# Forum > Play-by-Post Games > Ongoing Games (In-Character) >  The world's gone to hell, but at least your alive

## dantiesilva

It has been a month since the temple of Asmedous and Hector successfully opened a portal connecting hell to the material plane. The world did not end when this happened, the sky did not explode, and for most citizens their day to day life didn't change much under the rule of their new diabolical leaders. However many would be heroes did die, all of the great archmages we're systematically destroyed. And all forms of religious worship that inspired and helped the spread of chaos and rebellion were outlawed or outright hunted to extinction. What was left you ask, the elves closed their borders, enacting ancient magic from their first age locking them behind magical barriers not even they can exit. The dwarves, mostly stayed in their mountain strongholds, though to some the strict laws of the devils did not bother in the least. As such trade between the dwarven empire and that of the human empire known as The Sword watch remained mostly unchanged.

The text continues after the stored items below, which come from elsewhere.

-- ===== src/Handlers/Endpoint.antt =====
-- parseTokenParams, handleToken, handleRevoke and handleIntrospect of
-- internal/handlers/handlers.go.
pub mod Revocation
pub mod Introspection
use Prim.Native.String
use fake_auth.Base.{
  ℕ, String, Bool, true, false, not, ◌&&◌, ◌||◌, Option, none, some, List, [], ◌∷◌, or_else, ◌==◌,
  if◌then◌else◌, pos,
}
use fake_auth.Text.{contains, has_prefix, or_text}
use fake_auth.Dict.{Dict, get, put, entries, text_at}
use fake_auth.Json.{Value, null, bool, int, str, as_string}
use fake_auth.Token.{Checked, accepted, refused, validate}
use fake_auth.Web.{Request}
use fake_auth.Grants
use fake_auth.Grants.{DeviceCode, revoke_refresh_token, save_device_code}
use fake_auth.Handlers.{
  Env, Draws, Config, State, Body, json, nothing, Response, send_json, error_json,
}
use fake_auth.Handlers.CodeExchange.{Exchange, handle_authorization_code}
use fake_auth.Handlers.Refresh.{handle_refresh_token}
use fake_auth.Handlers.DeviceToken.{handle_device_code_token}
use fake_auth.Handlers.Password.{Login, handle_password_grant, handle_client_credentials}

-- The members that are texts.
put_texts : List (String × Value) → Dict String → Dict String
put_texts [] out = out
put_texts ((k, v) ∷ es) out =
    put_texts es (elim (as_string (some v)) [ none ↦ out | some s ↦ put out k s ])

-- The first value of each key.
put_firsts : List (String × List String) → Dict String → Dict String
put_firsts [] out = out
put_firsts ((k, []) ∷ es) out = put_firsts es out
put_firsts ((k, v ∷ vs) ∷ es) out = put_firsts es (put out k v)

unfoldable pub parse_token_params : Request → Dict String
unfolding put_texts put_firsts
parse_token_params r =
    if contains r.content_type "application/json"
    then put_texts (entries (or_else r.json_body [])) []
    else put_firsts (entries r.form) []

unfoldable pub handle_token : Config → Env → Draws → State → Request → State × Response
handle_token cfg env draws s r =
    let p = parse_token_params r in
    let grant_type = text_at p "grant_type" in
    let client_id = or_text (text_at p "client_id") "e2e-test" in
    if grant_type == "client_credentials"
    then handle_client_credentials cfg env draws s client_id
    else if grant_type == "http://auth0.com/oauth/grant-type/password-realm"
        || grant_type == "password"
    then handle_password_grant cfg env draws s (record {
      username = text_at p "username";
      password = text_at p "password";
      client_id = client_id;
      scope = text_at p "scope";
      audience = text_at p "audience";
    })
    else if grant_type == "authorization_code"
    then handle_authorization_code cfg env draws s (record {
      code = text_at p "code";
      redirect_uri = text_at p "redirect_uri";
      client_id = text_at p "client_id";
      client_secret = text_at p "client_secret";
      code_verifier = text_at p "code_verifier";
    })
    else if grant_type == "refresh_token"
    then handle_refresh_token cfg env draws s (text_at p "refresh_token") (text_at p "client_id")
    else if grant_type == "urn:ietf:params:oauth:grant-type:device_code"
    then handle_device_code_token cfg env draws s (text_at p "device_code")
    else (s, error_json 400 "unsupported_grant_type")

abbrev ok : Response
ok = record { status = 200; body = nothing }

-- handleRevoke, on the token and the hint of the request.
unfoldable pub revoke_token : State → String → String → State × Response
revoke_token s tok hint =
    if tok == ""
    then (s, ok)
    else if hint == "refresh_token" || has_prefix tok "rt_"
    then (
      elim s.grant_store [
        | none ↦ s
        | some g ↦ record s { grant_store = some (revoke_refresh_token tok g).0 }
      ],
      ok,
    )
    else (s, ok)

unfoldable pub handle_revoke : State → Request → State × Response
unfolding revoke_token
handle_revoke s r =
    let p = parse_token_params r in revoke_token s (text_at p "token") (text_at p "token_type_hint")

abbrev pub inactive : Dict Value
inactive = ("active", bool false) ∷ []

-- A claim as it is, or null.
abbrev pub claim : Dict Value → String → Value
claim claims k = or_else (get claims k) null

abbrev pub put_text : String → Option String → Dict Value → Dict Value
put_text k none out = out
put_text k (some s) out = put out k (str s)

-- The answer about a token.
unfoldable pub introspected : Checked → Dict Value
introspected (refused e) = inactive
introspected (accepted claims) = put_text "scope" (as_string (get claims "scope")) (
    put_text "client_id" (as_string (get claims "azp")) (
      ("active", bool true)
      ∷ ("sub", claim claims "sub")
      ∷ ("iss", claim claims "iss")
      ∷ ("aud", claim claims "aud")
      ∷ ("exp", claim claims "exp")
      ∷ ("iat", claim claims "iat")
      ∷ []))

unfoldable pub introspect : Config → Env → ℕ → String → Response
unfolding introspected
introspect cfg env now tok =
    if tok == ""
    then send_json 200 inactive
    else send_json 200 (introspected (validate env.jwt cfg.issuer now tok))

unfoldable pub handle_introspect : Config → Env → Draws → Request → Response
unfolding introspect
handle_introspect cfg env draws r =
    introspect cfg env (draws.clock 0) (text_at (parse_token_params r) "token")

     However the other kingdoms, those of the centaur tribes to the west, to the south the hobgoblins and yuan-ti have allied with the devil's while the Black dragon who calls his domain the swamp just outside the Swordwatch empire sees this invasion as a serious threat to his rule, as do the dragon lords of the Northern desert. It is they who have summoned you now to this rather unassuming looking rock outcropping in the middle of nowhere with not a building or person in sight.

     "Where two are one and one are two meet the rocks of Aklodu. Speak the words you know are true and the truth shall be revealed to you. But speak wrong or mean harm and you will not survive the wrath inside."

This was the message that was sent to you one morning as you awoke, before any protections could be placed upon you. What it could mean or from who you can guess easily enough, but what could they expect from one person?

----------


## Biscuit

Grunting, Viele rubs her eyes and glances over at a rumbled bedroom in the 'camp pit's corner, where Miau was still sleeping, the tibbit flopped and splayed out on her back in humanoid form. *"Lazy cat,"* Viele sighed, and stood up to climb up out of the pit taking down the tent covering it before tossing it into the pit on top of the sleeping cat-girl as it became a cloak once more. Pulling a campfire from her Survival Pouch ant set to making coffee and ponders sleepily at the message.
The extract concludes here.